* _ACTIVITY_
For each line below that contains the word "over", make a copy.

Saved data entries
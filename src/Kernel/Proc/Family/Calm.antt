-- ===== src/Kernel/Proc/Family/Calm.antt =====
-- The functions of proc.c that leave pids, parents and lives alone.
use os_ass.Base.{
  ℕ, ◌≡◌, refl, sym, ap, ◌∙◌, subst, Bool, Option, none, some, ◌==◌, if◌then◌else◌, arith,
  Bool-cases, if-each, leb, inl, inr,
}
use mathlib.Core.Option.{some-injective, some-ne-none}
use os_ass.Kernel.Proc.{
  ProcState, sleeping, runnable, running, same_state, Chan, null, Proc, Table, wakeup, find_proc,
}
use os_ass.Kernel.Proc.Life.{sleep, slept, yield, schedule, put_proc}
use os_ass.Kernel.Proc.Calls.{kill_at, attach_at, kill, attachjob, signal}
use os_ass.Kernel.Proc.Family.{
  alive, empty, TameTable, put_proc-TameTable, wakeup1-TameTable, same-Tame,
}
use os_ass.Kernel.Proc.Family.Shrink.{living-Tame}

pub sleep-TameTable :
    (c : Chan) (cur : ℕ) (t : Table) → (t.procs cur).state ≡ running → TameTable t (sleep c cur t)
unfolding sleep
sleep-TameTable c cur t r =
    put_proc-TameTable cur (record (t.procs cur) { chan = c; state = sleeping }) t
      (living-Tame refl refl (ap alive r) refl)

pub slept-TameTable : (cur : ℕ) (t : Table) → TameTable t (slept cur t)
unfolding slept
slept-TameTable cur t =
    put_proc-TameTable cur (record (t.procs cur) { chan = null }) t
      (record { parent = refl; pid = refl; alive = refl; empty = refl })

pub yield-TameTable :
    (cur : ℕ) (t : Table) → (t.procs cur).state ≡ running → TameTable t (yield cur t)
unfolding yield
yield-TameTable cur t r =
    put_proc-TameTable cur (record (t.procs cur) { state = runnable }) t
      (living-Tame refl refl (ap alive r) refl)

same-TameTable : (t : Table) → TameTable t t
same-TameTable t = record { slots = λ i. same-Tame refl; nextpid = refl; initproc = refl }

rouse-alive : (s : ProcState) → alive (if same_state s sleeping then runnable else s) ≡ alive s
rouse-alive s = ground arith

rouse-empty : (s : ProcState) → empty (if same_state s sleeping then runnable else s) ≡ empty s
rouse-empty s = ground arith

kill_at-TameTable : (o : Option ℕ) (t : Table) → TameTable t (kill_at o t).1
unfolding kill_at
kill_at-TameTable none t = same-TameTable t
kill_at-TameTable (some i) t = put_proc-TameTable i _ t (record {
  parent = refl;
  pid = refl;
  alive = rouse-alive (t.procs i).state;
  empty = rouse-empty (t.procs i).state;
})

pub kill-TameTable : (pid : ℕ) (t : Table) → TameTable t (kill pid t).1
unfolding kill
kill-TameTable pid t = kill_at-TameTable (find_proc (λ p. p.pid == pid) t.procs) t

attach_at-TameTable :
    (o : Option ℕ) (pid job : ℕ) (t : Table) → TameTable t (attach_at o pid job t).1
unfolding attach_at
attach_at-TameTable none pid job t = same-TameTable t
attach_at-TameTable (some i) pid job t =
    put_proc-TameTable i (record (t.procs i) { job = job }) t
      (record { parent = refl; pid = refl; alive = refl; empty = refl })

pub attachjob-TameTable : (pid job : ℕ) (t : Table) → TameTable t (attachjob pid job t).1
unfolding attachjob
attachjob-TameTable pid job t =
    attach_at-TameTable (find_proc (λ p. p.pid == pid) t.procs) pid job t

pub signal-TameTable :
    (signum handler cur : ℕ) (t : Table) → TameTable t (signal signum handler cur t).1
unfolding signal
signal-TameTable signum handler cur t =
    if-each {A = Option ℕ × Table} (λ r. TameTable t r.1) (leb 32 signum) (same-TameTable t)
      (put_proc-TameTable cur _ t
        (record { parent = refl; pid = refl; alive = refl; empty = refl }))

pub wakeup-TameTable : (c : Chan) (t : Table) → TameTable t (wakeup c t)
unfolding wakeup
wakeup-TameTable c t = wakeup1-TameTable c t

pub schedule-TameTable : (i : ℕ) (t t' : Table) → schedule i t ≡ some t' → TameTable t t'
unfolding schedule
schedule-TameTable i t t' e = elim (Bool-cases (same_state (t.procs i).state runnable)) [
  | inl h ↦
      subst (TameTable t) (some-injective t1 t' (sym (ap pick h) ∙ e))
        (put_proc-TameTable i p t (living-Tame refl refl (ground (arith, h)) refl))
  | inr h ↦ absurd (some-ne-none t' (sym e ∙ ap pick h))
]
  where
    p : Proc
    p = record (t.procs i) { state = running }

    t1 : Table
    t1 = put_proc i p t

    pick : Bool → Option Table
    pick b = if b then some t1 else none
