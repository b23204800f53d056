-- ===== src/Kernel/Proc/Family/Orphans.antt =====
-- The loop of `exit` of proc.c over the children: they go to init.
use os_ass.Base.{
  ℕ, zero, suc, ◌+◌, ◌≤◌, ◌<◌, ◌≡◌, refl, sym, ap, ◌∙◌, subst, true, false, Option, some, ◌==◌,
  if◌then◌else◌, arith, Bool-cases, inl, inr, ◌⊎◌,
}
use os_ass.Kernel.Proc.{zombie, same_state, proc_at, Proc, Table, wakeup1, is_slot}
use os_ass.Kernel.Proc.Life.{put_proc, orphan_body, orphan_loop}
use os_ass.Kernel.Proc.Scan.{put_proc_self, put_proc-others}
use os_ass.Kernel.Proc.Family.{alive, empty, Tame, TameTable, same-Tame, wakeup1-TameTable}

abbrev pub inherits : ℕ → ℕ → Option ℕ → Option ℕ
inherits cur heir parent = if is_slot parent cur then some heir else parent

-- The change of a slot that the loop over the children makes.
pub record Heir (cur heir : ℕ) (p q : Proc) : Type 0 where
  pub parent : q.parent ≡ inherits cur heir p.parent
  pub pid : q.pid ≡ p.pid
  pub alive : alive q.state ≡ alive p.state
  pub empty : empty q.state ≡ empty p.state

pub Tame-trans : {p q r : Proc} → Tame p q → Tame q r → Tame p r
Tame-trans h g = record {
  parent = g.parent ∙ h.parent;
  pid = g.pid ∙ h.pid;
  alive = g.alive ∙ h.alive;
  empty = g.empty ∙ h.empty;
}

pub Heir-Tame : {cur heir : ℕ} {p q r : Proc} → Heir cur heir p q → Tame q r → Heir cur heir p r
Heir-Tame h g = record {
  parent = g.parent ∙ h.parent;
  pid = g.pid ∙ h.pid;
  alive = g.alive ∙ h.alive;
  empty = g.empty ∙ h.empty;
}

pub Tame-Heir : {cur heir : ℕ} {p q r : Proc} → Tame p q → Heir cur heir q r → Heir cur heir p r
Tame-Heir {cur} {heir} h g = record {
  parent = g.parent ∙ ap (inherits cur heir) h.parent;
  pid = g.pid ∙ h.pid;
  alive = g.alive ∙ h.alive;
  empty = g.empty ∙ h.empty;
}

-- Slots `i` to `n` have been through the loop, the others not.
pub record Passed (cur i n : ℕ) (t t' : Table) : Type 0 where
  pub inside : (k : ℕ) → i ≤ k → k < n → Heir cur t.initproc (t.procs k) (t'.procs k)
  pub outside : (k : ℕ) → (k < i) ⊎ (n ≤ k) → Tame (t.procs k) (t'.procs k)
  pub nextpid : t'.nextpid ≡ t.nextpid
  pub initproc : t'.initproc ≡ t.initproc

put_proc-Passed :
    (cur i : ℕ) (t : Table) (p : Proc)
    → Heir cur t.initproc (t.procs i) p
    → Passed cur i (i + 1) t (put_proc i p t)
put_proc-Passed cur i t p h = record {
  inside = λ k l m.
      subst (λ j. Heir cur t.initproc (t.procs j) ((put_proc i p t).procs j)) (omega (arith, l, m))
        (subst (Heir cur t.initproc (t.procs i)) (sym (put_proc_self i p t)) h);
  outside = λ k o. same-Tame (put_proc-others i p t k (λ e. absurd (omega (arith, e, o))));
  nextpid = refl;
  initproc = refl;
}

stay-Passed :
    (cur i : ℕ) (t : Table) → is_slot (t.procs i).parent cur ≡ false → Passed cur i (i + 1) t t
stay-Passed cur i t e = record {
  inside = λ k l m.
      subst (λ j. Heir cur t.initproc (t.procs j) (t.procs j)) (omega (arith, l, m))
        (record {
          parent = sym (ap (λ b. if b then some t.initproc else (t.procs i).parent) e);
          pid = refl;
          alive = refl;
          empty = refl;
        });
  outside = λ k o. same-Tame refl;
  nextpid = refl;
  initproc = refl;
}

Passed-TameTable :
    {cur i n : ℕ} {t t' u : Table} → Passed cur i n t t' → TameTable t' u → Passed cur i n t u
Passed-TameTable h g = record {
  inside = λ k l m. Heir-Tame (h.inside k l m) (g.slots k);
  outside = λ k o. Tame-trans (h.outside k o) (g.slots k);
  nextpid = g.nextpid ∙ h.nextpid;
  initproc = g.initproc ∙ h.initproc;
}

orphan_body-Passed : (cur i : ℕ) (t : Table) → Passed cur i (i + 1) t (orphan_body cur i t)
unfolding orphan_body
orphan_body-Passed cur i t = elim (Bool-cases (is_slot (t.procs i).parent cur)) [
  | inl e ↦
      subst (λ b. Passed cur i (i + 1) t (if b then woken else t)) (sym e)
        (elim (Bool-cases (same_state (t.procs i).state zombie)) [
          | inl z ↦
              subst
                (λ b. Passed cur i (i + 1) t (if b then wakeup1 (proc_at t.initproc) t1 else t1))
                (sym z) (Passed-TameTable (moved e) (wakeup1-TameTable (proc_at t.initproc) t1))
          | inr z ↦
              subst
                (λ b. Passed cur i (i + 1) t (if b then wakeup1 (proc_at t.initproc) t1 else t1))
                (sym z) (moved e)
        ])
  | inr e ↦
      subst (λ b. Passed cur i (i + 1) t (if b then woken else t)) (sym e) (stay-Passed cur i t e)
]
  where
    p : Proc
    p = record (t.procs i) { parent = some t.initproc }

    t1 : Table
    t1 = put_proc i p t

    woken : Table
    woken = if same_state (t.procs i).state zombie then wakeup1 (proc_at t.initproc) t1 else t1

    moved : is_slot (t.procs i).parent cur ≡ true → Passed cur i (i + 1) t t1
    moved e = put_proc-Passed cur i t p (record {
      parent = sym (ap (λ b. if b then some t.initproc else (t.procs i).parent) e);
      pid = refl;
      alive = refl;
      empty = refl;
    })

pub orphan_loop-Passed : (cur i n : ℕ) (t : Table) → Passed cur i (i + n) t (orphan_loop cur i n t)
unfolding orphan_loop
orphan_loop-Passed cur i zero t = record {
  inside = λ k l h. absurd (omega arith);
  outside = λ k h. same-Tame refl;
  nextpid = refl;
  initproc = refl;
}
orphan_loop-Passed cur i (suc n) t =
    let now = orphan_body-Passed cur i t in
    let later = orphan_loop-Passed cur (i + 1) n (orphan_body cur i t) in
    record {
      inside = λ k l h. elim (Bool-cases (i == k)) [
        | inl e ↦
            Heir-Tame (now.inside k l (ground (arith, e))) (later.outside k (ground (arith, e)))
        | inr e ↦ Tame-Heir (now.outside k (ground (arith, e, l))) (
            subst
              (λ heir.
                Heir cur heir ((orphan_body cur i t).procs k)
                  ((orphan_loop cur (i + 1) n (orphan_body cur i t)).procs k))
              now.initproc (later.inside k (ground (arith, e, l)) (omega (arith, h))))
      ];
      outside =
          λ k h. Tame-trans (now.outside k (omega (arith, h))) (later.outside k (omega (arith, h)));
      nextpid = later.nextpid ∙ now.nextpid;
      initproc = later.initproc ∙ now.initproc;
    }

pub TameTable-trans : {t u v : Table} → TameTable t u → TameTable u v → TameTable t v
TameTable-trans h g = record {
  slots = λ i. Tame-trans (h.slots i) (g.slots i);
  nextpid = g.nextpid ∙ h.nextpid;
  initproc = g.initproc ∙ h.initproc;
}

pub Tame-Passed :
    {cur i n : ℕ} {t u v : Table} → TameTable t u → Passed cur i n u v → Passed cur i n t v
Tame-Passed {cur} {u = u} {v = v} h g = record {
  inside = λ k l m.
      Tame-Heir (h.slots k)
        (subst (λ heir. Heir cur heir (u.procs k) (v.procs k)) h.initproc (g.inside k l m));
  outside = λ k o. Tame-trans (h.slots k) (g.outside k o);
  nextpid = g.nextpid ∙ h.nextpid;
  initproc = g.initproc ∙ h.initproc;
}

* _ANSWER AREA_
-- The loop of `exit` of proc.c over the children: they go to init.
-- The change of a slot that the loop over the children makes.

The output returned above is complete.